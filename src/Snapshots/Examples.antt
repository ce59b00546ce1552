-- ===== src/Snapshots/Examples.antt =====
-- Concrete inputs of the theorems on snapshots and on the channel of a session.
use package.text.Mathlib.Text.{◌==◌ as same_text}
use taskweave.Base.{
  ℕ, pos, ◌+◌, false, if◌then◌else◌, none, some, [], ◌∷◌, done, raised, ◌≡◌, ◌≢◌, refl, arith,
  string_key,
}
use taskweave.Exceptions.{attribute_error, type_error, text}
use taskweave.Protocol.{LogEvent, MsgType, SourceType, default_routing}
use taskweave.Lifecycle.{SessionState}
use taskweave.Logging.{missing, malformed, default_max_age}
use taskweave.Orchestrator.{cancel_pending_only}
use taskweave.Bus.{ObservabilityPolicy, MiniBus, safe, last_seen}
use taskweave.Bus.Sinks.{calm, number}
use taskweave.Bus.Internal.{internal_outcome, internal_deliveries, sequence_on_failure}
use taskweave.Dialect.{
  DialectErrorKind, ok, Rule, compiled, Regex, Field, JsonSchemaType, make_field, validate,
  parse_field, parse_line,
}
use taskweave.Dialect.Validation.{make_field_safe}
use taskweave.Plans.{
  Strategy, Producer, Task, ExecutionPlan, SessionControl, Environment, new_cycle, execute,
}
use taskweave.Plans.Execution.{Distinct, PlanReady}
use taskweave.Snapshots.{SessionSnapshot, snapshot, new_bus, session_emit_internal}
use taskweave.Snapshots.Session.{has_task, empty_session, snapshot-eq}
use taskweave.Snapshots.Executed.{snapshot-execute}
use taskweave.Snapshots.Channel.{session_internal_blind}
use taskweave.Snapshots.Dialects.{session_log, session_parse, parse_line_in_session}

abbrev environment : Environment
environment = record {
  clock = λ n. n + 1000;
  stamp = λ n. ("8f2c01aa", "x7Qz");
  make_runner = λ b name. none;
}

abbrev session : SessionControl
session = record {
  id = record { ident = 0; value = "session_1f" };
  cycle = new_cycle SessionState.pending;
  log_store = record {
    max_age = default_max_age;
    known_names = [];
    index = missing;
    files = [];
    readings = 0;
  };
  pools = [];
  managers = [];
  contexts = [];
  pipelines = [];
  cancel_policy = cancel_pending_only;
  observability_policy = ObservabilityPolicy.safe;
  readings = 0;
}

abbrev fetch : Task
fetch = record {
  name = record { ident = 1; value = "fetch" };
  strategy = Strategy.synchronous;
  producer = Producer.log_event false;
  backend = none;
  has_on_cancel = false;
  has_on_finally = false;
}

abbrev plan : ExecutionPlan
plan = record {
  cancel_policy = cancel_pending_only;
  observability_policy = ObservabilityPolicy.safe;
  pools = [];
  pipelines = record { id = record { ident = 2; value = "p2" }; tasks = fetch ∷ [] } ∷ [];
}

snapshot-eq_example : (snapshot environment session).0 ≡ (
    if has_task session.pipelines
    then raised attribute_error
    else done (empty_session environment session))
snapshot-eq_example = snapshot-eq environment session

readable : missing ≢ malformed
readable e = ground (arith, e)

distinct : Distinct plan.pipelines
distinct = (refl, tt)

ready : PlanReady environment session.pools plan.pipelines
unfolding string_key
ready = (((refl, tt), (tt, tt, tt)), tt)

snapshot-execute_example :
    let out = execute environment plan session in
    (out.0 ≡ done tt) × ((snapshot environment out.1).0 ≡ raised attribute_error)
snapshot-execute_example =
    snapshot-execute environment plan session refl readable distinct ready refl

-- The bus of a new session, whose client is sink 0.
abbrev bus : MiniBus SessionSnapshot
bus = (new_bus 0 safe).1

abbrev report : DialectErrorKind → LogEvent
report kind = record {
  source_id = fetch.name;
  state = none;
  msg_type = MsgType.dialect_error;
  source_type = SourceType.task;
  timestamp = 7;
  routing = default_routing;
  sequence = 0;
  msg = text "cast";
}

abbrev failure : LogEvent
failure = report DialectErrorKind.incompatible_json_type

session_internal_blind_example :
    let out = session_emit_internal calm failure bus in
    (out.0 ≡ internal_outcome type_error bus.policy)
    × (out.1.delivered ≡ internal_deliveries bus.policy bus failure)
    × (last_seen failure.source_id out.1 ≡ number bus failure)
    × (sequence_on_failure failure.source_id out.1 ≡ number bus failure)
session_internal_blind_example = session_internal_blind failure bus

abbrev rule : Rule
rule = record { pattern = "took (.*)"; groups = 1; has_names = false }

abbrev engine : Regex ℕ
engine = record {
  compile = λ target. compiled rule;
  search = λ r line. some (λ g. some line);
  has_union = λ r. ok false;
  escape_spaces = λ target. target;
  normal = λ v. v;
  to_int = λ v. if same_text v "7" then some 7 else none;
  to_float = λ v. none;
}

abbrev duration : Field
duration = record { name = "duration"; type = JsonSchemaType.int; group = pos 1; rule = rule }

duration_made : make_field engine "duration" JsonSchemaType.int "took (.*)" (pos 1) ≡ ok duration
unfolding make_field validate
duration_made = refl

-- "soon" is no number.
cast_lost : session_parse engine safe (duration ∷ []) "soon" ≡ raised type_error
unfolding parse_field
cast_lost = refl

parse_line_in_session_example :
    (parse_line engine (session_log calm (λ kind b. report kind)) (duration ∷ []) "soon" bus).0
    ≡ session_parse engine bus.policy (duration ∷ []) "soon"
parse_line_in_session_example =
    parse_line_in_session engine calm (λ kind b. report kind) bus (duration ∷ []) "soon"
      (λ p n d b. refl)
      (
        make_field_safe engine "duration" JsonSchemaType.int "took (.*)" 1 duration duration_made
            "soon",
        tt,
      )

--

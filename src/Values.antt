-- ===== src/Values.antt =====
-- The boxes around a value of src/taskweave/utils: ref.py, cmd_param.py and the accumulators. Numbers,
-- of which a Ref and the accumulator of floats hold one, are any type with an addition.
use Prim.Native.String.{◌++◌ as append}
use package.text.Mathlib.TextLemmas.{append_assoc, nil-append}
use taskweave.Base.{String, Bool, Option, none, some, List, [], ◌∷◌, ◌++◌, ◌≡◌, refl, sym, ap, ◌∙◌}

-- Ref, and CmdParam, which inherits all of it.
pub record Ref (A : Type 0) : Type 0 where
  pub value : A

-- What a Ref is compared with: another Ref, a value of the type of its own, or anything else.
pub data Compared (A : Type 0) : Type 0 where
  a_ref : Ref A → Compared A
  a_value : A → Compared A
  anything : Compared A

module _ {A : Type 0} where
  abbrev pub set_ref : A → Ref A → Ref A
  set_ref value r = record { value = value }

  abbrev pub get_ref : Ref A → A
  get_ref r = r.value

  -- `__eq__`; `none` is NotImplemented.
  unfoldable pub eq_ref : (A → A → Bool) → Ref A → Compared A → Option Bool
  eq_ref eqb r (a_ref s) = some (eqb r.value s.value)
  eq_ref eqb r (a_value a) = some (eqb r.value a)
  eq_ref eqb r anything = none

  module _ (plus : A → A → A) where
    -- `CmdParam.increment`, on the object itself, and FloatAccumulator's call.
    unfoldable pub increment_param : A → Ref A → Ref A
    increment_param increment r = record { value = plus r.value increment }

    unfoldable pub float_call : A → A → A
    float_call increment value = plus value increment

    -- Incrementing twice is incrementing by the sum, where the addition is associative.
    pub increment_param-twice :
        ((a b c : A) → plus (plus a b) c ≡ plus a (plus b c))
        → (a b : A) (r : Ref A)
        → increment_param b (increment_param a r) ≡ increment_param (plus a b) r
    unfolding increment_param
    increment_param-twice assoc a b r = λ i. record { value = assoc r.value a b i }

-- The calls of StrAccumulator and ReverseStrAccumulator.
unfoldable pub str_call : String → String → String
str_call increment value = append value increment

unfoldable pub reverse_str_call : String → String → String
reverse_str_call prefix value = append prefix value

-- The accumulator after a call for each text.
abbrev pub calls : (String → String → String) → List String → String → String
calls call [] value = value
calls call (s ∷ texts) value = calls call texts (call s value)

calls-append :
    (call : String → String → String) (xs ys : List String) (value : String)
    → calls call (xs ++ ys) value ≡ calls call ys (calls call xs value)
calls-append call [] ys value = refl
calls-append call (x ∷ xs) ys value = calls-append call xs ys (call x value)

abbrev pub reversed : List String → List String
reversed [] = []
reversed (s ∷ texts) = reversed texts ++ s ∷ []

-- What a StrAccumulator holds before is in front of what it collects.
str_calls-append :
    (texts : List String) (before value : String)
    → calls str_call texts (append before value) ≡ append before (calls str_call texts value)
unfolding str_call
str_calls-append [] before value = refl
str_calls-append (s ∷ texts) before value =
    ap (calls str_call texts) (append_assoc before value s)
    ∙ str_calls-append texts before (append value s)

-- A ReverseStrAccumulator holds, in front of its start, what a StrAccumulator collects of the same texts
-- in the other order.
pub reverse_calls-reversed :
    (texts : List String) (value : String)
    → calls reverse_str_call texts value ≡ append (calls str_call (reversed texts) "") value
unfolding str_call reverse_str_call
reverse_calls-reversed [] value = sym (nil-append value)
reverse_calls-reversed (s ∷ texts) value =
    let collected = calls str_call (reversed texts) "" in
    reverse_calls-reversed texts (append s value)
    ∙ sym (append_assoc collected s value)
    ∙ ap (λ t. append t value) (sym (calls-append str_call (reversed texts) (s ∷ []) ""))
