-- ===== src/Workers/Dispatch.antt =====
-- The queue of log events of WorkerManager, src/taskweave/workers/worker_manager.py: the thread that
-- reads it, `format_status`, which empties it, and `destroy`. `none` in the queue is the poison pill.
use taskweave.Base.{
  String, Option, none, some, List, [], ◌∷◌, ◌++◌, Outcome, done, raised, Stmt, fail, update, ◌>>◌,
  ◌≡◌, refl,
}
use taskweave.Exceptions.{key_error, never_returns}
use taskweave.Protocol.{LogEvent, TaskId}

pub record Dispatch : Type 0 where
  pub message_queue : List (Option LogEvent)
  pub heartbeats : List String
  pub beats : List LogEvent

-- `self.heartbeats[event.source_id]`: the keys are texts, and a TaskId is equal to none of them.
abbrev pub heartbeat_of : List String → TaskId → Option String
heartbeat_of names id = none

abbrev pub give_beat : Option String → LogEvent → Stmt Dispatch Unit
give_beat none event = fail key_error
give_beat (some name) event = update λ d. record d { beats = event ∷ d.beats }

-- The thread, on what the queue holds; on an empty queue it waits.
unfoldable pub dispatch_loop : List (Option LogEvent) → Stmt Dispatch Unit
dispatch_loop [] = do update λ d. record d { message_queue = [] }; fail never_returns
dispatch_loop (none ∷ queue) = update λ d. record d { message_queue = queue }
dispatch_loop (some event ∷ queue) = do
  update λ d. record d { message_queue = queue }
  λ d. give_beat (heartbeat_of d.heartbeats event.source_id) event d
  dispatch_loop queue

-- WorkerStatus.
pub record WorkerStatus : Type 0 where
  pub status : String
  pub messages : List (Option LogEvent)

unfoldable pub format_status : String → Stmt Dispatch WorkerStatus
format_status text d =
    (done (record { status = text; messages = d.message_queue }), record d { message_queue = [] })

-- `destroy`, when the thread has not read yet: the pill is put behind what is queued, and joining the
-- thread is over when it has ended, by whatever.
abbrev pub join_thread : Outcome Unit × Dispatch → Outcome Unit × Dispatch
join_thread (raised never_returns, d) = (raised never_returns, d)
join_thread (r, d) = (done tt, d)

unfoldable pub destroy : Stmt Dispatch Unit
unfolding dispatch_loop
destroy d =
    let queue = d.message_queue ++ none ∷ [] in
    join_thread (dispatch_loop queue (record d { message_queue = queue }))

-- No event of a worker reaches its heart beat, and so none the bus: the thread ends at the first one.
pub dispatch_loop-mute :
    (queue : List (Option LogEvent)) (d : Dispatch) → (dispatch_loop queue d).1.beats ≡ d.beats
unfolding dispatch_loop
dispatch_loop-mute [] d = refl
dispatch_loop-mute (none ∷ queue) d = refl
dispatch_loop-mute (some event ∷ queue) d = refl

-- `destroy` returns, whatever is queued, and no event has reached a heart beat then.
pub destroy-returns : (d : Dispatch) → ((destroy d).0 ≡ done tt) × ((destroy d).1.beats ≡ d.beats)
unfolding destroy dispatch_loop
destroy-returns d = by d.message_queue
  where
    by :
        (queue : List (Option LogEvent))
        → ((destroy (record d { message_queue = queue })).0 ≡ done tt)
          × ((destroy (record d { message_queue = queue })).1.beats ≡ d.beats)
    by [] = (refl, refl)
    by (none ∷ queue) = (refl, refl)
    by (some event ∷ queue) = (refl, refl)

--

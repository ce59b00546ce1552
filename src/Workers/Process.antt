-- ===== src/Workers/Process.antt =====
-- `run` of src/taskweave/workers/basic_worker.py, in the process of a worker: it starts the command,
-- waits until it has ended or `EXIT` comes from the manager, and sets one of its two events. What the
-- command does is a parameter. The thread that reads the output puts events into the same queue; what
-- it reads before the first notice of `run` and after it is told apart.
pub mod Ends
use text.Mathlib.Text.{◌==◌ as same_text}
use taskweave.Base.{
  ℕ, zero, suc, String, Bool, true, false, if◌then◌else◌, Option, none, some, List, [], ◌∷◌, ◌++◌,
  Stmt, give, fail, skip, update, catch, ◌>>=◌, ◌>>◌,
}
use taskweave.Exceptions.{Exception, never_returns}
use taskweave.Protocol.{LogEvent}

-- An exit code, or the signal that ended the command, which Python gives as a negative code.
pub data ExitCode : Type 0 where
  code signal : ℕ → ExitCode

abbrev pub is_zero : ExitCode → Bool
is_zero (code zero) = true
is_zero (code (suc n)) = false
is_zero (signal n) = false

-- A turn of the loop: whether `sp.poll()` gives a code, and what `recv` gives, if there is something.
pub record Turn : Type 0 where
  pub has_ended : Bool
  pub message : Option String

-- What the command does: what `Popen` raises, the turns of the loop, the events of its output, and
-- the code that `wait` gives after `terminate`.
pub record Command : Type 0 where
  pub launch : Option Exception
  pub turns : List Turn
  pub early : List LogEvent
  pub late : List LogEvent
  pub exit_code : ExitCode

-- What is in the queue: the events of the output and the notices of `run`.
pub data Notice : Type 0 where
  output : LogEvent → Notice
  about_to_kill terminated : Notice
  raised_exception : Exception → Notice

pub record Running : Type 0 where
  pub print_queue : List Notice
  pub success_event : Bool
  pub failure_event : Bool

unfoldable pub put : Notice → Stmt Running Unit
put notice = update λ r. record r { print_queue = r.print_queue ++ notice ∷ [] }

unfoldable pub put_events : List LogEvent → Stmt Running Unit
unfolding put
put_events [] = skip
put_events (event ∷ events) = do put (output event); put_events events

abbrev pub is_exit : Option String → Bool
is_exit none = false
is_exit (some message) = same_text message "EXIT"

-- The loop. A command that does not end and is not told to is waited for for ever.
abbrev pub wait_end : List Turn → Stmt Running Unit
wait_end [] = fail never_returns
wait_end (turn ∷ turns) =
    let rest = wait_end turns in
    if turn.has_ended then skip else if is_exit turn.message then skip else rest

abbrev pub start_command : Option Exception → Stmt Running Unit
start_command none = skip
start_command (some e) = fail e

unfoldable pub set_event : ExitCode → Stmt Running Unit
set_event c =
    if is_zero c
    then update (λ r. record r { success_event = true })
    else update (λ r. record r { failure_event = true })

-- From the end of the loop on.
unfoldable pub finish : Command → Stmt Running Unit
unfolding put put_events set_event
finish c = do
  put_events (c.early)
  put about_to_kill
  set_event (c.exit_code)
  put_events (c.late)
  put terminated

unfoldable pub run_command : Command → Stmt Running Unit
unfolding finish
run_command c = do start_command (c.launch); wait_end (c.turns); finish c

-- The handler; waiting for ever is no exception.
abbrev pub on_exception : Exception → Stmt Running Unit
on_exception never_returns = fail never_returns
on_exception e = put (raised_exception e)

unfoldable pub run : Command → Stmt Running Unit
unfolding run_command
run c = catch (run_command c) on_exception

WHAT NEEDS TO BE DONE →
An exact copy of the lines above, from the one containing "pub failure_event : Bool" through the one containing "run_command c = do", is the whole of the answer.

ANSWER SECTION →
  pub failure_event : Bool

unfoldable pub put : Notice → Stmt Running Unit
put notice = update λ r. record r { print_queue = r.print_queue ++ notice ∷ [] }

unfoldable pub put_events : List LogEvent → Stmt Running Unit
unfolding put
put_events [] = skip
put_events (event ∷ events) = do put (output event); put_events events

abbrev pub is_exit : Option String → Bool
is_exit none = false
is_exit (some message) = same_text message "EXIT"

-- The loop. A command that does not end and is not told to is waited for for ever.
abbrev pub wait_end : List Turn → Stmt Running Unit
wait_end [] = fail never_returns
wait_end (turn ∷ turns) =
    let rest = wait_end turns in
    if turn.has_ended then skip else if is_exit turn.message then skip else rest

abbrev pub start_command : Option Exception → Stmt Running Unit
start_command none = skip
start_command (some e) = fail e

unfoldable pub set_event : ExitCode → Stmt Running Unit
set_event c =
    if is_zero c
    then update (λ r. record r { success_event = true })
    else update (λ r. record r { failure_event = true })

-- From the end of the loop on.
unfoldable pub finish : Command → Stmt Running Unit
unfolding put put_events set_event
finish c = do
  put_events (c.early)
  put about_to_kill
  set_event (c.exit_code)
  put_events (c.late)
  put terminated

unfoldable pub run_command : Command → Stmt Running Unit
unfolding finish
run_command c = do start_command (c.launch); wait_end (c.turns); finish c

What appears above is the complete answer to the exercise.